What the task requires ->
The entries shown below are to be printed in full, unaltered.

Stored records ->

------------

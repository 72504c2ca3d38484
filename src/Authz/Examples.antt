-- ===== src/Authz/Examples.antt =====
-- A user of one node at a server of it, and the theorems on authorization at this input.
use linuxgsm_dashboard.Base.{
  codes, [], ◌∷◌, false, none, some, ◌≡◌, ◌≢◌, refl, eqt, text_mem, cut, contains, has_prefix,
  has_suffix,
}
use linuxgsm_dashboard.User.{User, role_user, is_admin}
use linuxgsm_dashboard.Ids.{
  is_valid_server_id, split_server_id, is_valid_node_id, is_valid_local_server_id, matches,
}
use linuxgsm_dashboard.Authz.{
  perm_start, perm_config, can_access_server, node_access, has_permission, authorize_user,
  authorize_server_action, action_permission,
}
use linuxgsm_dashboard.Authz.Granted.{Granted, authorize_iff-Granted}
use linuxgsm_dashboard.Authz.Actions.{no_enumeration}

abbrev pub guest : User
guest = record {
  username = codes "guest";
  password_hash = [];
  role = role_user;
  servers = [];
  nodes = codes "lxc-1" ∷ [];
  permissions = perm_start ∷ [];
  totp_enabled = false;
  totp_secret = [];
  totp_last_step = 0;
  recovery_codes = [];
  notes_seen = [];
}

guest_starts : authorize_server_action (some guest) (codes "lxc-1~vhserver") perm_start none ≡ none
unfolding authorize_server_action authorize_user is_valid_server_id is_valid_node_id
    is_valid_local_server_id matches contains has_prefix has_suffix can_access_server node_access
    has_permission is_admin split_server_id cut eqt text_mem
guest_starts = refl

authorize_iff-Granted_example : Granted guest (codes "lxc-1~vhserver") perm_start none
authorize_iff-Granted_example =
    (authorize_iff-Granted guest (codes "lxc-1~vhserver") perm_start none).0 guest_starts

no_access : can_access_server guest (codes "vhserver") ≡ false
unfolding can_access_server node_access is_admin split_server_id cut eqt text_mem
no_access = refl

no_enumeration_example :
    (authorize_server_action (some guest) (codes "vhserver") perm_start none
      ≡ authorize_server_action (some guest) (codes "vhserver") perm_start (some (λ _. false)))
    × (authorize_server_action (some guest) (codes "vhserver") perm_start none ≢ none)
no_enumeration_example =
    no_enumeration guest (codes "vhserver") perm_start none (some (λ _. false)) no_access

details_needs_config : action_permission (codes "details") ≡ some perm_config
unfolding action_permission eqt
details_needs_config = refl

no_admin : is_admin guest ≡ false
unfolding is_admin eqt
no_admin = refl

------------

Exercise output ->
repository 72504c2ca3d38484
filename src/Authz/Examples.antt
-- ===== src/Authz/Examples.antt =====
-- A user of one node at a server of it, and the theorems on authorization at this input.
use linuxgsm_dashboard.Base.{
  codes, [], ◌∷◌, false, none, some, ◌≡◌, ◌≢◌, refl, eqt, text_mem, cut, contains, has_prefix,
  has_suffix,
}
use linuxgsm_dashboard.User.{User, role_user, is_admin}
use linuxgsm_dashboard.Ids.{
  is_valid_server_id, split_server_id, is_valid_node_id, is_valid_local_server_id, matches,
}
use linuxgsm_dashboard.Authz.{
  perm_start, perm_config, can_access_server, node_access, has_permission, authorize_user,
  authorize_server_action, action_permission,
}
use linuxgsm_dashboard.Authz.Granted.{Granted, authorize_iff-Granted}
use linuxgsm_dashboard.Authz.Actions.{no_enumeration}

abbrev pub guest : User
guest = record {
  username = codes "guest";
  password_hash = [];
  role = role_user;
  servers = [];
  nodes = codes "lxc-1" ∷ [];
  permissions = perm_start ∷ [];
  totp_enabled = false;
  totp_secret = [];
  totp_last_step = 0;
  recovery_codes = [];
  notes_seen = [];
}

guest_starts : authorize_server_action (some guest) (codes "lxc-1~vhserver") perm_start none ≡ none
unfolding authorize_server_action authorize_user is_valid_server_id is_valid_node_id
    is_valid_local_server_id matches contains has_prefix has_suffix can_access_server node_access
    has_permission is_admin split_server_id cut eqt text_mem
guest_starts = refl

authorize_iff-Granted_example : Granted guest (codes "lxc-1~vhserver") perm_start none
authorize_iff-Granted_example =
    (authorize_iff-Granted guest (codes "lxc-1~vhserver") perm_start none).0 guest_starts

no_access : can_access_server guest (codes "vhserver") ≡ false
unfolding can_access_server node_access is_admin split_server_id cut eqt text_mem
no_access = refl

no_enumeration_example :
    (authorize_server_action (some guest) (codes "vhserver") perm_start none
      ≡ authorize_server_action (some guest) (codes "vhserver") perm_start (some (λ _. false)))
    × (authorize_server_action (some guest) (codes "vhserver") perm_start none ≢ none)
no_enumeration_example =
    no_enumeration guest (codes "vhserver") perm_start none (some (λ _. false)) no_access

details_needs_config : action_permission (codes "details") ≡ some perm_config
unfolding action_permission eqt
details_needs_config = refl

no_admin : is_admin guest ≡ false
unfolding is_admin eqt
no_admin = refl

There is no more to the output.